Spaghetti Sort (2018) - pvorb
https://advent.morr.cc/2018/15
======
carapace
My favorite "analog computer" example is finding the balance point of a broom
or mop.

Start by holding the broom horizontally (so that the shaft is parallel to the
floor) and support it between the thumb and fingers of each hand with your
hands held about a meter apart. The palms of your hands should be facing each
other, fingers and thumb flat in vertical plane, with the thumbs sticking out
to make cradles for the broomstick.

    
    
         side view
    
              ////
          /\o////
          \    /
           \  /
    
    

Once it's set up, all you do is gently bring your hands towards each other
until they are touching, palm to palm. The broom will remain balanced on your
hands the entire time.

As you draw your hands together there will be an unequal amount of friction
between the broomstick and each hand. The side that is further from the center
of mass of the broom will have less friction. The side with less friction will
slide. This changes the weight distribution between your two hands until the
friction on the sliding hand has increased [enough] past the friction on the
non-sliding hand. When that happens, the sliding hand stops sliding and the
non-sliding hand starts sliding.

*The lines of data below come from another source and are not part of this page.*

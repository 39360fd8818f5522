-- ===== src/Sorter/Stream.antt =====
-- The order across batches: entries that come in late but not too late still leave in order.
use mathlib.Core.List.{List, Mem, Pairwise-append, mem-append}
use mathlib.Core.List.Perm
use mathlib.Core.Logic.Or
use demiplane.Prelude.{ℕ, ◌≡◌, Bool, true, false, ◌&&◌, Bool-cases, inl, inr}
use demiplane.Sorter.{SlidingWindowSorter, is_empty, gather, process_batch}
use demiplane.Sorter.Order.{Routines, IsStandard, IsOrdering, IsSorted}
use demiplane.Sorter.Insertion.{is_false}
use demiplane.Sorter.Gather.{IsGathered, gather-IsGathered}
use demiplane.Sorter.Output.{delivered, stream, emit-IsEmitted}
use demiplane.Sorter.Batch.{quota, process_batch_idle, process_batch-emit}

module _ {ℓ} {A : Type ℓ} (less : A → A → Bool) where
  -- No entry of `l` is less than one that the consumer has had.
  abbrev pub InTime : List A → SlidingWindowSorter A → Type ℓ
  InTime l s = (a : A) → Mem a (delivered s.consumed) → (b : A) → Mem b l → less b a ≡ false

  stream-IsSorted :
      {s t : SlidingWindowSorter A}
      → IsGathered s t
      → IsSorted less t.sorted_window
      → IsSorted less (stream s)
      → InTime s.new_entries s
      → IsSorted less (stream t)
  stream-IsSorted {s} {t} g w sorted late =
      let (done, _, across) = (Pairwise-append (λ a b. is_false (less b a))).0 sorted in
      rw g.consumed (
        (Pairwise-append (λ a b. is_false (less b a))).1 (
          done,
          w,
          λ a m b n.
              Or.elim (is_false (less b a)) (mem-append.0 ((Perm.mem_iff g.kept).0 n))
                (across a m b) (late a m b),
        ))

module _ {ℓ} {A : Type ℓ} (std : Routines A) (h : IsStandard std) (capacity : ℕ)
    (s : SlidingWindowSorter A) (o : IsOrdering s.config.comparator)
    (enabled : s.config.enable_sorting ≡ true) where
  -- If sorting is enabled, what the consumer has had and then the window is one sorted sequence,
  -- and no pending entry is less than one the consumer has had, then process_batch keeps it one:
  -- each later batch continues the earlier ones in order.
  pub process_batch-stream-IsSorted :
      (force_all : Bool)
      → IsSorted s.config.comparator (stream s)
      → InTime s.config.comparator s.new_entries s
      → IsSorted s.config.comparator (stream (process_batch std capacity force_all s))
  process_batch-stream-IsSorted force_all sorted late =
      let (_, window, _) = (Pairwise-append (λ a b. is_false (s.config.comparator b a))).0 sorted in
      elim (Bool-cases (is_empty s.new_entries && is_empty s.sorted_window)) [
        | inl e ↦ rw (process_batch_idle std h capacity s o (λ _. window) force_all e) sorted
        | inr e ↦
            let t = gather std capacity s in
            let (w, g) = gather-IsGathered std h s o capacity (λ _. window) in
            rw (process_batch-emit std h capacity s o (λ _. window) force_all e) (
              rw (emit-IsEmitted (quota force_all t) t).same
                (stream-IsSorted s.config.comparator g (w enabled) sorted late))
      ]
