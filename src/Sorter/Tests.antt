-- ===== src/Sorter/Tests.antt =====
-- Witnesses, with `<algorithm>` by plain insertion, and a run.
use mathlib.Core.List.{
  Mem, Pairwise, Pairwise-cons, Pairwise-singleton, forall_mem-cons, not-mem-nil,
}
use demiplane.Prelude.{
  ℕ, ◌≡◌, suc, refl, Bool, true, false, List, [], ◌∷◌, ◌++◌, arith, Bool-cases, inl, inr,
  if◌then◌else◌, ltb,
}
use demiplane.Sorter.{
  SlidingWindowConfig, SlidingWindowSorter, entries, entry, create, apply, insertion_sort,
  process_batch, add_entry, add_entries, process_if_ready, should_process, maintain_window_size,
  emit, calculate_output_count, gather, sort_and_merge, take_in, sort_new, insert_rest, insert_key,
  can_use_inplace_merge, merge_with_window, output_entries, perform_inplace_merge,
  perform_standard_merge,
}
use demiplane.Sorter.Order.{Routines, IsUpperBound, IsStandard, IsOrdering, IsSorted, take, drop}
use demiplane.Sorter.Insertion.{insertion_sort-IsSorted, is_false}
use demiplane.Sorter.Output.{delivered, stream}
use demiplane.Sorter.Batch.{IsProcessed, process_batch-IsProcessed}
use demiplane.Sorter.Calls.{IsSound, IsSettled, SorterReach, start, call, SorterReach-IsSound}
use demiplane.Sorter.Stream.{InTime, process_batch-stream-IsSorted}

ltb-IsOrdering : IsOrdering ltb
ltb-IsOrdering = record {
  asymmetric = λ a b h. ground arith;
  transitive = λ a b c h k. ground arith;
}

-- upper_bound by a scan; the other three are filled in from it.
linear_bound : (ℕ → ℕ → Bool) → List ℕ → ℕ → ℕ
linear_bound less [] key = 0
linear_bound less (x ∷ l) key =
    let rest = linear_bound less l key in if less key x then 0 else suc rest

abbrev scanning : Routines ℕ
scanning = record {
  sort = λ less l. l;
  merge = λ less l r. l ++ r;
  inplace_merge = λ less l n. l;
  upper_bound = linear_bound;
}

module _ (less : ℕ → ℕ → Bool) (key : ℕ) where
  before_lem :
      (l : List ℕ) → (x : ℕ) → Mem x (take (linear_bound less l key) l) → less key x ≡ false
  unfolding linear_bound take
  before_lem [] = λ x m. absurd (not-mem-nil m)
  before_lem (y ∷ l) = elim (Bool-cases (less key y)) [
    | inl e ↦ rw e λ x m. absurd (not-mem-nil m)
    | inr e ↦ rw e ((forall_mem-cons (λ x. is_false (less key x))).1 (e, before_lem l))
  ]

  is_true : (b : Bool) → IsProp (b ≡ true)
  is_true b = hlevel

  above_lem :
      (o : IsOrdering less) (x y : ℕ) → less key y ≡ true → less x y ≡ false → less key x ≡ true
  above_lem o x y p q = elim (Bool-cases (less key x)) [
    | inl e ↦ e
    | inr e ↦ cc (o.transitive y x key q e)
  ]

  after_lem :
      (o : IsOrdering less) (l : List ℕ)
      → IsSorted less l
      → (x : ℕ) → Mem x (drop (linear_bound less l key) l)
      → less key x ≡ true
  unfolding linear_bound drop
  after_lem o [] s = λ x m. absurd (not-mem-nil m)
  after_lem o (y ∷ l) s =
      let (below, rest) = Pairwise-cons.0 s in
      elim (Bool-cases (less key y)) [
        | inl e ↦ rw e (
            (forall_mem-cons (λ x. is_true (less key x))).1
              (e, λ x m. above_lem o x y e (below x m)))
        | inr e ↦ rw e (after_lem o l rest)
      ]

scanning-IsUpperBound : IsUpperBound scanning
scanning-IsUpperBound = record {
  before_bound = λ less o l key s. before_lem less key l;
  after_bound = λ less o l key s. after_lem less key o l s;
}

-- All four by insertion.
abbrev std : Routines ℕ
std = record {
  sort = insertion_sort scanning;
  merge = λ less l r. insertion_sort scanning less (l ++ r);
  inplace_merge = λ less l n. insertion_sort scanning less l;
  upper_bound = linear_bound;
}

std-IsStandard : IsStandard std
std-IsStandard = record {
  sort_sorts = λ less o l. (insertion_sort-IsSorted scanning scanning-IsUpperBound less o l).0;
  sort_keeps = λ less o l. (insertion_sort-IsSorted scanning scanning-IsUpperBound less o l).1;
  merge_sorts =
      λ less o l r _ _. (insertion_sort-IsSorted scanning scanning-IsUpperBound less o (l ++ r)).0;
  merge_keeps =
      λ less o l r _ _. (insertion_sort-IsSorted scanning scanning-IsUpperBound less o (l ++ r)).1;
  inplace_sorts =
      λ less o l r _ _. (insertion_sort-IsSorted scanning scanning-IsUpperBound less o (l ++ r)).0;
  inplace_keeps =
      λ less o l r _ _. (insertion_sort-IsSorted scanning scanning-IsUpperBound less o (l ++ r)).1;
  bounds = record {
    before_bound = λ less o l key s. before_lem less key l;
    after_bound = λ less o l key s. after_lem less key o l s;
  };
}

abbrev small : SlidingWindowConfig ℕ
small = record {
  window_size = 3;
  batch_size = 2;
  enable_sorting = true;
  comparator = ltb;
  use_inplace_merge = true;
  merge_threshold = 64;
}

abbrev given : List ℕ
given = (([] ++ 5 ∷ 1 ∷ []) ++ 4 ∷ 2 ∷ []) ++ 3 ∷ []

-- Two batches and a single entry.
used : SlidingWindowSorter ℕ
used =
    apply std 3 (entry 3)
      (apply std 5 (entries (4 ∷ 2 ∷ [])) (apply std 3 (entries (5 ∷ 1 ∷ [])) (create small)))

reached : SorterReach std given used
unfolding used
reached =
    let first = call (start small ltb-IsOrdering) 3 (entries (5 ∷ 1 ∷ [])) tt in
    call (call first 5 (entries (4 ∷ 2 ∷ [])) tt) 3 (entry 3) tt

-- The second batch makes the window longer than 3: two entries leave it, and 3 is still pending.
handed_over : used.consumed ≡ (1 ∷ 2 ∷ []) ∷ []
unfolding used apply create linear_bound add_entry add_entries process_if_ready should_process
    process_batch maintain_window_size emit calculate_output_count gather sort_and_merge take_in
    sort_new insertion_sort insert_rest insert_key take drop can_use_inplace_merge merge_with_window
    output_entries perform_inplace_merge perform_standard_merge
handed_over = refl

SorterReach-IsSound_example : IsSound given used × IsSettled used
SorterReach-IsSound_example = SorterReach-IsSound std std-IsStandard reached

-- Four entries for a window of three that already holds two.
abbrev filled : SlidingWindowSorter ℕ
filled = record {
  config = small;
  sorted_window = 3 ∷ 7 ∷ [];
  new_entries = 9 ∷ 2 ∷ [];
  consumed = (1 ∷ 2 ∷ []) ∷ [];
  total_processed = 2;
  merge_operations = 0;
  sort_operations = 2;
}

in_order :
    (x y : ℕ) (l : List ℕ) → IsSorted ltb (y ∷ l) → ltb y x ≡ false → IsSorted ltb (x ∷ y ∷ l)
in_order x y l s e =
    Pairwise.cons
      ((forall_mem-cons (λ a. is_false (ltb a x))).1
        (e, λ a m. ltb-IsOrdering.transitive x y a e ((Pairwise-cons.0 s).0 a m)))
      s

starts_in_order : IsSorted ltb (stream filled)
unfolding delivered
starts_in_order =
    in_order 1 2 (3 ∷ 7 ∷ [])
      (in_order 2 3 (7 ∷ []) (in_order 3 7 [] (Pairwise-singleton _ 7) refl) refl) refl

process_batch-IsProcessed_example : IsProcessed filled (process_batch std 4 false filled)
process_batch-IsProcessed_example =
    process_batch-IsProcessed std std-IsStandard 4 filled ltb-IsOrdering
      (λ _. in_order 3 7 [] (Pairwise-singleton _ 7) refl) false

late_enough : InTime ltb (9 ∷ 2 ∷ []) filled
unfolding delivered
late_enough a m b n =
    ltb-IsOrdering.transitive a 2 b
      ((forall_mem-cons (λ x. is_false (ltb 2 x))).1
        (refl, (forall_mem-cons (λ x. is_false (ltb 2 x))).1 (refl, λ x k. absurd (not-mem-nil k)))
        a m)
      ((forall_mem-cons (λ x. is_false (ltb x 2))).1
        (refl, (forall_mem-cons (λ x. is_false (ltb x 2))).1 (refl, λ x k. absurd (not-mem-nil k)))
        b n)

process_batch-stream-IsSorted_example : IsSorted ltb (stream (process_batch std 4 false filled))
process_batch-stream-IsSorted_example =
    process_batch-stream-IsSorted std std-IsStandard 4 filled ltb-IsOrdering refl false
      starts_in_order late_enough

The process alternates from hand to hand
until, at the end, your hands are touching and the center of mass of the
broomstick is [close enough to exactly] between them.

\- - - -

Derp, it's on the youtube:
[https://www.youtube.com/watch?v=B4axmjVFsK8](https://www.youtube.com/watch?v=B4axmjVFsK8)

Stephen Fry...

------
bashinator
This reminds me of my favorite joke algorithm, sleepsort[0]. A trivial
implementation looks like this:

    
    
        #!/bin/bash
        for int in $@; do  # input must be a list of positive integers
            (sleep $int; echo $int) &
        done; wait
    

I'm not quite sure how to describe it in terms of big O notation.

[0]
[https://rosettacode.org/wiki/Sorting_algorithms/Sleep_sort](https://rosettacode.org/wiki/Sorting_algorithms/Sleep_sort)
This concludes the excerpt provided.